Guidance for Patients

Without knowing the mechanism, it's hard to give specific guidance on what precautions patients should take, Dr Schwartz said, but he added: "Patients who get shortness of breath, cough, or wheezing who live in these areas should be very cognizant of this, call their doctors…and be aware of the risks we have identified."

As to whether health impact studies will need to be done in each region where this activity is happening or proposed, Dr Schwartz said delays could put the public at risk.

Fracking proponents will argue that weather, depth, ambient temperature, and geology are different in each area and more studies need to be done, Dr Schwartz said. However, he continued, many studies have outlined other health concerns, and waiting for "the perfect study" in each region could be harmful.

"The public health may suffer a lot before we do anything about it," he said.

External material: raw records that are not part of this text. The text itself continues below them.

-- ===== src/Epos4/Frame.antt =====
-- Request and response frames: sync sequence, header, words, CRC.
pub mod Transfer
pub mod Accepted
pub mod Arrived
use asteria_firmware.Prelude.{
  ℕ, zero, suc, ◌+◌, ◌*◌, ◌/◌, ◌%◌, ◌^◌, bit_and, bit_or, true, false, if◌then◌else◌, List, [], ◌∷◌,
  ◌!=◌, length,
}
use asteria_firmware.Epos4.Device.{framing, device, from_words, is_error}
use asteria_firmware.Epos4.Crc.{calculate_crc, check_crc}
use asteria_firmware.Epos4.Link.{
  M, ◌>>=◌, ◌>>◌, pure, fail_if, read_word, read_sync_sequence, send_word, send_sync,
}

module _ {E : Type 0} where
  -- `for &word in data { self.send_word(word) }`
  pub send_words : List ℕ → M E (Unit {0})
  send_words [] = pure tt
  send_words (word ∷ words) = do send_word word; send_words words

  -- `for item in &mut data_array { *item = self.read_word() }`, over an array of `n` words.
  pub read_words : ℕ → M E (List ℕ)
  read_words zero = pure []
  read_words (suc n) = do word ← read_word; words ← read_words n; pure (word ∷ words)

  -- The opcode is a byte and `data` has at most 255 words: `data.len() as u8`.
  pub send_request_frame : ℕ → List ℕ → M E (Unit {0})
  send_request_frame opcode words =
      let len = length words % 2 ^ 8 in
      let header = bit_or (len * 2 ^ 8 % 2 ^ 16) opcode in
      let crc = calculate_crc header words in
      do send_sync; send_word header; send_words words; send_word crc

  -- The end of `read_response_frame`, once all its words have been read.
  pub accept_frame : ℕ → ℕ → ℕ → List ℕ → ℕ → M E (List ℕ)
  accept_frame header low high words received_crc = do
    fail_if (if check_crc header (low ∷ high ∷ []) words received_crc then false else true) framing
    fail_if (is_error (from_words low high)) (device (from_words low high))
    pure words

  -- `read_response_frame::<L>`, with the number of data words that it expects.
  pub read_response_frame : ℕ → M E (List ℕ)
  read_response_frame l = do
    read_sync_sequence
    header ← read_word
    fail_if (header / 2 ^ 8 != l + 2) framing
    fail_if (bit_and header 0xFF % 2 ^ 8 != 0x00) framing
    low ← read_word
    high ← read_word
    words ← read_words l
    received_crc ← read_word
    accept_frame header low high words received_crc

Study limitations include the fact that EHRs did not list patients' occupations and provided only patients' most recent address.

This study was funded by the National Institute of Environmental Health Sciences. Additional support was provided by the Degenstein Foundation, the Robert Wood Johnson Foundation and the National Science Foundation. Dr Schwartz is a fellow of the Post Carbon Institute (PCI), serving as an informal adviser on climate, energy, and health issues. He receives no payment for this role. His research is independent of PCI and is not reviewed or funded by PCI. Dr Brown, Dr Miller, and Dr Payne-Sturges have disclosed no relevant financial relationships.